« Un pêcheur normand »
(1957)
Georges Griffe






     Je crus rêver quand je tombai sur cet entrefilet :
     - Hier soir, M. Gaston Louvel, chef de division à la préfecture, s'est suicidé d'un coup de pistolet. On se perd en conjectures sur les mobiles de cet acte de désespoir.
     Non, rien ne pouvait faire prévoir que ce joyeux garçon au cou de taureau ferait une fin si pitoyable. Il mangeait ferme, buvait sec, courait le jupon avec entrain. Fervent pêcheur de truites, il passait, dans la campagne normande, des après-midi qui se terminaient normalement par des coucheries avec des filles d'auberge.
     Comme il aimait la liberté, il avait adopté cet expédient, sans égards pour les femmes entretenues qui soupiraient en regardant sa moustache blonde.
     Il tenait de ses ancêtres, toucheurs de bestiaux, un goût marqué pour les croupes puissantes et les musculatures chevalines. S'il faut en croire ses victimes, ses talents étaient à la hauteur des circonstances.
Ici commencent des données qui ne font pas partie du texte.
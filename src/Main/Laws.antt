-- ===== src/Main/Laws.antt =====
-- What has happened when a server begins to listen (main.go), and what a server that then gets the
-- servers from etcd knows of the address that its client ids carry (tools/util/util.go, pkg/etcd).
use go_websocket.Prelude.{
  ℕ, ◌≡◌, refl, sym, ◌∙◌, ap, Bool, true, Option, some, [], ◌∷◌, ◌++◌, arith, length,
}
use go_websocket.Prelude.Text.{Str, has_prefix, Free}
use go_websocket.Prelude.Dict.{Dict, lookup, NodupKeys}
use go_websocket.Prelude.Result.{ok}
use go_websocket.Setting.{CommonConf, Global}
use go_websocket.Crypto.{Cipher, Bytes, IsLawful, new_cipher}
use go_websocket.Util.{is_addr_local, is_cluster, gen_client_id, get_addr_info_and_is_local}
use go_websocket.Util.Laws.{names, get_addr_info-gen_client_id, is_addr_local_self}
use go_websocket.Discovery.{get_service}
use go_websocket.Discovery.Laws.{puts, get_service_lem, lookup-handle_events}
use go_websocket.Discovery.Puts.{puts_present, handle_events-local_host}
use go_websocket.Registration.{Leases, put_service}
use go_websocket.Routers.Routes.{init}
use go_websocket.Main.Steps.{HasRegistered, main-goes_on}
use go_websocket.Main.{etcd_server_list, Boot, goes_on, host_port, main}

-- What etcd promises: after a Put without an error, a Get of a prefix of the key that succeeds gives
-- the key once, with the value.
abbrev pub KeepsPuts : {S : Type 0} → Leases S → Type 0
KeepsPuts {S} e =
    (k v p : Str) (lease : ℕ) (s t : S) (kvs : Dict (Option Str))
    → e.put_with_lease k v lease s ≡ (t, ok tt)
    → has_prefix k p ≡ true
    → e.get_prefix p t ≡ ok kvs
    → NodupKeys kvs × (lookup k kvs ≡ some (some v))

-- net.JoinHostPort puts a colon between the two, and brackets round a host only where it has a colon
-- or a percent sign.
abbrev pub JoinsPlain : (Str → Str → Str) → Type 0
JoinsPlain join =
    (host port : Str) → Free b':' host → Free b'%' host → join host port ≡ host ++ b':' ∷ port

has_prefix-append : (s t : Str) → has_prefix (s ++ t) s ≡ true
unfolding has_prefix
has_prefix-append [] t = refl
has_prefix-append (c ∷ s) t = ground (arith, has_prefix-append s t)

module _ {S : Type 0} (e : Leases S) (join : Str → Str → Str) (common : CommonConf) where
  -- A server that gets its list from etcd finds the server under its key, whatever it had before.
  found_by_all :
      KeepsPuts e
      → (b c : Boot S) → HasRegistered e join common b c
      → (g : Global)
      → lookup
          (etcd_server_list ++ host_port e join common b)
          (get_service (e.get_prefix etcd_server_list c.etcd) g).0.server_list
        ≡ some (host_port e join common b)
  unfolding put_service
  found_by_all keeps b c (s, ser, t, kvs, put, answer, same) g =
      let hp = host_port e join common b in
      let key = etcd_server_list ++ hp in
      let (nodup, has) =
        keeps key hp etcd_server_list ser.lease_resp s t kvs put
          (has_prefix-append etcd_server_list hp) answer in
      let got : e.get_prefix etcd_server_list c.etcd ≡ ok kvs =
        ap (λ d. e.get_prefix etcd_server_list d.etcd) (sym same) ∙ answer in
      ap (λ r. lookup key (get_service r g).0.server_list) got
      ∙ (ap (λ r. lookup key r.0.server_list) (get_service_lem kvs g)
          ∙ (lookup-handle_events key (puts kvs) g
              ∙ puts_present key hp kvs (lookup key g.server_list) nodup has))

  -- What registerServer leaves as it is, and the list of servers that it gets.
  after_registration :
      (b c : Boot S)
      → HasRegistered e join common b c
      → (c.global ≡ (get_service (e.get_prefix etcd_server_list c.etcd) b.global).0)
        × (c.global.local_host ≡ b.global.local_host)
        × (c.rpc_port ≡ b.rpc_port)
        × (c.routing ≡ b.routing)
  after_registration b c (s, ser, t, kvs, put, answer, same) =
      let got : e.get_prefix etcd_server_list c.etcd ≡ ok kvs =
        ap (λ d. e.get_prefix etcd_server_list d.etcd) (sym same) ∙ answer in
      (
        ap (λ d. d.global) (sym same)
            ∙ sym (
                ap (λ r. (get_service r b.global).0) got
                ∙ ap (λ r. r.0) (get_service_lem kvs b.global)),
        ap (λ d. d.global.local_host) (sym same) ∙ handle_events-local_host (puts kvs) b.global,
        ap (λ d. d.rpc_port) (sym same),
        ap (λ d. d.routing) (sym same),
      )

  -- Where main of a server in a cluster has come to listen, the RPC server runs on its port, the HTTP
  -- server on its own, the routes are what Init makes of those that there were, and the server is
  -- under its key in its own list of servers and in the list that any server gets from etcd as it
  -- then is. The promise is that etcd keeps what is put.
  pub main_lem :
      KeepsPuts e
      → (listens : Bool) (b c : Boot S) → is_cluster common ≡ true
      → main e join common listens b ≡ goes_on c
      → (c.rpc_port ≡ some (b':' ∷ common.rpc_port))
        × (c.http_port ≡ some (b':' ∷ common.http_port))
        × (init b.routing ≡ some c.routing)
        × (c.global.local_host ≡ b.global.local_host)
        × (lookup (etcd_server_list ++ host_port e join common b) c.global.server_list
            ≡ some (host_port e join common b))
        × ((g : Global)
            → lookup
                (etcd_server_list ++ host_port e join common b)
                (get_service (e.get_prefix etcd_server_list c.etcd) g).0.server_list
              ≡ some (host_port e join common b))
  main_lem keeps listens b c k h =
      let start = record b { rpc_port = some (b':' ∷ common.rpc_port) } in
      let key = etcd_server_list ++ host_port e join common b in
      let (d, reg, routes, same) = main-goes_on e join common listens b c k h in
      let (list, host, rpc, routing) = after_registration start d reg in
      let found = found_by_all keeps start d reg in
      (
        ap (λ x. x.rpc_port) (sym same) ∙ rpc,
        ap (λ x. x.http_port) (sym same),
        ap init (sym routing) ∙ routes,
        ap (λ x. x.global.local_host) (sym same) ∙ host,
        ap (λ x. lookup key x.global.server_list) (sym same)
            ∙ (ap (λ g. lookup key g.server_list) list ∙ found b.global),
        λ g.
            ap
              (λ x. lookup key (get_service (e.get_prefix etcd_server_list x.etcd) g).0.server_list)
              (sym same)
            ∙ found g,
      )

  -- Once main of a server in a cluster listens, GenClientId succeeds there, and the id tells the
  -- address of this server, its host and its RPC port, both to this server, as local, and to every
  -- other one with the same crypto key, as local exactly if the host and the port are its own too.
  -- This server has the address under the key of the address in its list of servers, and so has any
  -- other server, whatever its list was, once it gets the servers from etcd as main left it. Host and
  -- port are free of colons, the host of percent signs, AES takes the key, there are 16 random bytes,
  -- the libraries are lawful, etcd keeps what is put, and net.JoinHostPort joins by a colon.
  pub ids_name_servers :
      KeepsPuts e
      → JoinsPlain join
      → (cipher : Cipher) → IsLawful cipher
      → (iv : Bytes) → length iv ≡ 16
      → new_cipher common.crypto_key ≡ ok tt
      → (listens : Bool) (b c : Boot S) → is_cluster common ≡ true
      → Free b':' b.global.local_host
      → Free b'%' b.global.local_host
      → Free b':' common.rpc_port
      → main e join common listens b ≡ goes_on c
      → (reader : CommonConf) (other : Global) → reader.crypto_key ≡ common.crypto_key
      → (id : Str) × (addr : Str) × (addr ≡ c.global.local_host ++ b':' ∷ common.rpc_port)
        × (gen_client_id cipher (ok iv) common c.global ≡ ok id)
        × (get_addr_info_and_is_local cipher common c.global id
            ≡ ok (names c.global.local_host common.rpc_port true))
        × (lookup (etcd_server_list ++ addr) c.global.server_list ≡ some addr)
        × (get_addr_info_and_is_local cipher reader other id
            ≡ ok (
                names c.global.local_host common.rpc_port
                  (is_addr_local c.global.local_host common.rpc_port reader other)))
        × (lookup
              (etcd_server_list ++ addr)
              (get_service (e.get_prefix etcd_server_list c.etcd) other).0.server_list
            ≡ some addr)
  ids_name_servers keeps plain cipher law iv i key listens b c k colon percent port h reader other
        shared =
      let (rpc, http, routes, host, own, found) = main_lem keeps listens b c k h in
      let (id, made, read) =
        get_addr_info-gen_client_id cipher law common c.global iv key i (rw host colon) port in
      let joined : host_port e join common b ≡ c.global.local_host ++ b':' ∷ common.rpc_port =
        plain b.global.local_host common.rpc_port colon percent
        ∙ ap (λ x. x ++ b':' ∷ common.rpc_port) (sym host) in
      (
        id,
        host_port e join common b,
        joined,
        made,
        read common c.global refl
            ∙ ap (λ l. ok (names c.global.local_host common.rpc_port l))
                (is_addr_local_self common c.global),
        own,
        read reader other shared,
        found other,
      )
     « J'ons ben du content'ment aveuc lui », disait la grosse Margot. Et, au fond de ses yeux de truie, passait un pétillement très flatteur pour l'éloquence du partenaire.
     Non, personne ne pouvait deviner la raison d'un acte que rien n'expliquait chez un homme qui aimait tant la vie.
     Personne, peut-être, sauf moi.
     J'avais remarqué, dans son attitude, je ne sais quels indices d'un dérangement cérébral, surtout depuis qu'il m'avait rapporté l'aventure que voici :
     - Tu sais que, peu après le départ des Prussiens, je fréquentai l'auberge du Cheval Vert. Il y avait Noémie, un beau brin de fille qui, ma foi… Mais, depuis quelque temps, elle se permettait des familiarités qui ne me plaisaient guère. Elle arborait comme une bague de fiançailles, un anneau de quatre sous dont j'avais eu la sottise de lui faire présent. Et puis, j'avais cru m'apercevoir de quelque chose. Bref, je ne le vis plus.
     Dernièrement (poussé par quel démon ?) je retournai au Cheval Vert. Noémie n'était plus là. Prévenant mes questions, le père Célestin me dit : « Eh oui ! la pauv' p'tiote i' lui était arrivé malheur. J'pouvions pus la garder. Mais, elle a pas attendu et, sans crier gare, all' s'a envolée. »
     Cela me donna je ne sais quelle impression bizarre. J'équipai mes lignes et je descendis à la rivière.
     Jamais je n'ai fait une pêche pareille. Après avoir couru un moment, je m'arrêtai à un endroit où la rivière s'élargit et où l'eau est profonde. Des ombrages épais, un silence de mort et une fraîcheur qui faisait frissonner. L'eau tourbillonnait. Je vis, bientôt, dans les remous, une chose étrange (la voix de Louvel commençait à se voiler et ainsi, de plus en plus, jusqu'à n'être qu'un souffle).
     Un grouillement de truites comme jamais il ne m'avait été donné d'en rencontrer et une agitation qui avait quelque chose de démentiel. Bref, en moins d'une demi-heure, j'avais ma pêche.
     Le soleil baissait. Il faisait presque nuit sous ce couvert et l'eau prenait des moirures sinistres. Je m'éloignai, vaguement inquiet, surtout depuis que, les sous-bois ayant apaisé leurs rumeurs, j'entendais le froissement de l'eau comme un râle.
     À l'auberge, on m'accueillit avec des transports. Comme autrefois, tout le monde allait profiter de ma pêche.
     Les truites furent, en un instant, vidées et cuites.
     Je me mis à table avec un appétit de hussard. Le cidre pétillait dans les verres. On avait déjà fait un trou avec un calvados des plus respectables. Je remerciais le ciel des bonnes heures qu'il nous donne.
     Tout à coup, je sentis un frisson me parcourir le corps jusqu'à la pointe des cheveux.
     Au fond d'une truite dont j'avais déjà mangé un bon morceau, sous un peu de viscère qui était resté, j'aperçus une verroterie opaline, une de ces pauvres merveilles qui, à la vitrine des bazars, font rêver les enfants et les servantes. J'ai eu à ce moment cette certitude physique qu'on n'éprouve que trois ou quatre fois dans l'existence et à laquelle la raison ne tente même pas de résister. »
     Sans pouvoir ajouter un mot, Louvel s'était effondré sur la table en sanglotant.


©Georges Griffe, Ressemblance garantie : pastiches, Paris, Éditions de Paris, 1957, p.147-150.